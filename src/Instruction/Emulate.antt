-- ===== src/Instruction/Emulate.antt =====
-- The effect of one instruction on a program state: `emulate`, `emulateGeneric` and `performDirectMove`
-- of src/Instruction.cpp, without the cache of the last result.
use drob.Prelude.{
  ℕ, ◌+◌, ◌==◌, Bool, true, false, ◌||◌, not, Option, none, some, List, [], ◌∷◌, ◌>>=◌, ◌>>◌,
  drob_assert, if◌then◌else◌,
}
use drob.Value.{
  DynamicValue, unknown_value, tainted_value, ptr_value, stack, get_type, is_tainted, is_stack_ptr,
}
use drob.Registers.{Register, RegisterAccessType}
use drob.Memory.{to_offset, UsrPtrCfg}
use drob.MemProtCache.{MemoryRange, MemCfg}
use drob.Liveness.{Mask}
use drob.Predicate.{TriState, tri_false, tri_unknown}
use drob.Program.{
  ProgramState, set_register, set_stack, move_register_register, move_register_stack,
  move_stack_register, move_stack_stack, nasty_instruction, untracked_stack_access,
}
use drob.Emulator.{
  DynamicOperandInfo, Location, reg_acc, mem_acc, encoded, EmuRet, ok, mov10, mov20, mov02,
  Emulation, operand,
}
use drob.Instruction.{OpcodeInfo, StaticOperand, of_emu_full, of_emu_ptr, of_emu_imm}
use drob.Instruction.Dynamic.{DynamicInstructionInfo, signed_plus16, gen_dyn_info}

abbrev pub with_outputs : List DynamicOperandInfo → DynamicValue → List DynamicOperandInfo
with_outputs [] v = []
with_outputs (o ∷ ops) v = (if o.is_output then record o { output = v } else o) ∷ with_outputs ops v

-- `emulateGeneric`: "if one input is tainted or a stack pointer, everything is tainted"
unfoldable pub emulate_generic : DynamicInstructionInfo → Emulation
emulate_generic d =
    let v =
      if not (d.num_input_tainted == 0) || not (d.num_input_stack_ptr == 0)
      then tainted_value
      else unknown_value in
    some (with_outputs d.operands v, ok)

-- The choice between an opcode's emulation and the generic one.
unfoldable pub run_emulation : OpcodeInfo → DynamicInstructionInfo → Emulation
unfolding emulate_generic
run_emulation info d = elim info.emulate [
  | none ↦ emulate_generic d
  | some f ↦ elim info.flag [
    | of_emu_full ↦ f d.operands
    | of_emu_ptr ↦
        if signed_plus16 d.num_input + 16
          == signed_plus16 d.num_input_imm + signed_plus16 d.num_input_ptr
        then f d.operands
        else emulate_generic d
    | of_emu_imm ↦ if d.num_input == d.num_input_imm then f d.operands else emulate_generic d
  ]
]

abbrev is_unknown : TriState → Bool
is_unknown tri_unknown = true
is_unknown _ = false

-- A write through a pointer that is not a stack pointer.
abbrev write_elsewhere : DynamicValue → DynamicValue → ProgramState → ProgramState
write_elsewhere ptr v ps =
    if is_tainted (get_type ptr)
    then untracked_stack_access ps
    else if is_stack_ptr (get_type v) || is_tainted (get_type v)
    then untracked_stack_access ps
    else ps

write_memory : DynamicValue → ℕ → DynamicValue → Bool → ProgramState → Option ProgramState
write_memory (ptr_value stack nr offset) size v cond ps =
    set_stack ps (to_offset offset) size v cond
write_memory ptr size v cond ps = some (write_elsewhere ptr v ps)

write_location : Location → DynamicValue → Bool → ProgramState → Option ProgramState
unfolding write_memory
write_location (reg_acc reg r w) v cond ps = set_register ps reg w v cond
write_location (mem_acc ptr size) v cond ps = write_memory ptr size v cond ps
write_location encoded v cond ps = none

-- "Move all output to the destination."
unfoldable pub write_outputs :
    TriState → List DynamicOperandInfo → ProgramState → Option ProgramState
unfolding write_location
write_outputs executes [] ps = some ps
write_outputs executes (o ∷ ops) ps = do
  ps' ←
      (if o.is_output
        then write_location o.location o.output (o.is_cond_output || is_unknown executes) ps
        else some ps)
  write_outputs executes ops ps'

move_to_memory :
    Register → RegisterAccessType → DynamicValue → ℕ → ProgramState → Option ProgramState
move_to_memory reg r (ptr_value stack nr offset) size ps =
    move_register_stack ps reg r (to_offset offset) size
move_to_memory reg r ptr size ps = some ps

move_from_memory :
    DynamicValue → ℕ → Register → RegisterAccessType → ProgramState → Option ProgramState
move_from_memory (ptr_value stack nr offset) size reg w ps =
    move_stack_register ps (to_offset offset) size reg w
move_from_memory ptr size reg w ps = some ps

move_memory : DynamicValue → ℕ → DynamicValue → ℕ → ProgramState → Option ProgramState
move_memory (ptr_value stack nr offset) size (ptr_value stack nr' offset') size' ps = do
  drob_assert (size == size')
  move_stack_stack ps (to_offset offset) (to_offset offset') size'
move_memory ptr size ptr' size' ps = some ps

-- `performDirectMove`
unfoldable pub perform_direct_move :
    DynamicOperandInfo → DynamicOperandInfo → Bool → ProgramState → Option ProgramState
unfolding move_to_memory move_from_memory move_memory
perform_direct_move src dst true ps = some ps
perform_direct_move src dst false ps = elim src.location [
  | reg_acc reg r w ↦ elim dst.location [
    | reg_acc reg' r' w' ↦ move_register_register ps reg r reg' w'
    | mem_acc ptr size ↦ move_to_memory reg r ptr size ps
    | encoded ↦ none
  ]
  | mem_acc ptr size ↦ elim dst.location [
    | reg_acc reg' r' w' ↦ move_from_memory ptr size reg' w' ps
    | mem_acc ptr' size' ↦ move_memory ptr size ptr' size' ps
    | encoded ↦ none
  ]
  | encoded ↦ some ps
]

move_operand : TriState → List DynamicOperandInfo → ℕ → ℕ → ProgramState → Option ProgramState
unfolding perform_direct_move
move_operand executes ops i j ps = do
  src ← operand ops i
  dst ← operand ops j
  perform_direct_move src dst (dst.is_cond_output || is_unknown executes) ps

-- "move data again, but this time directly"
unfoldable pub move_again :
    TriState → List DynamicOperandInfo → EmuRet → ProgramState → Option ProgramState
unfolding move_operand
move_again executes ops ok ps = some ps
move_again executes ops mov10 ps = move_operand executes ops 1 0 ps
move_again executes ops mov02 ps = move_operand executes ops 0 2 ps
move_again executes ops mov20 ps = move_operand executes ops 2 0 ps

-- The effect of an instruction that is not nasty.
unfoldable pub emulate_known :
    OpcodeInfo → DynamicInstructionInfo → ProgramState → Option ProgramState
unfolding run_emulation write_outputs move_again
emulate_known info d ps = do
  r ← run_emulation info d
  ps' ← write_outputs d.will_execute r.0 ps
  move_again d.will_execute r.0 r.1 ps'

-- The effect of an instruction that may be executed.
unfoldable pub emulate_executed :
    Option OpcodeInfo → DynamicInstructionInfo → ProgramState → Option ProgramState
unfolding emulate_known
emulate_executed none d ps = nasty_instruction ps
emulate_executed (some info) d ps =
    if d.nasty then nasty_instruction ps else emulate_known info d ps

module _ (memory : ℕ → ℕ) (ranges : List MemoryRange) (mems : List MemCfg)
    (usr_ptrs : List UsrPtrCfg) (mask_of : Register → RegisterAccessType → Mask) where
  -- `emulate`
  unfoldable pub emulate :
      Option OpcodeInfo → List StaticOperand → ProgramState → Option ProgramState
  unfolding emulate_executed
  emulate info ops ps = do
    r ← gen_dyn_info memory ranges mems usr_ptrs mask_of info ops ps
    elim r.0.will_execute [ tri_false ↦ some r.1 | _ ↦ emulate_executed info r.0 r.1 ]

──────────

- [WHAT THE TASK REQUIRES] Copy out the lines above exactly, beginning at the one that contains "Option OpcodeInfo → DynamicInstructionInfo" and ending at the one that contains "if d.nasty then".

- [FINISHED TASK]
    Option OpcodeInfo → DynamicInstructionInfo → ProgramState → Option ProgramState
unfolding emulate_known
emulate_executed none d ps = nasty_instruction ps
emulate_executed (some info) d ps =
    if d.nasty then nasty_instruction ps else emulate_known info d ps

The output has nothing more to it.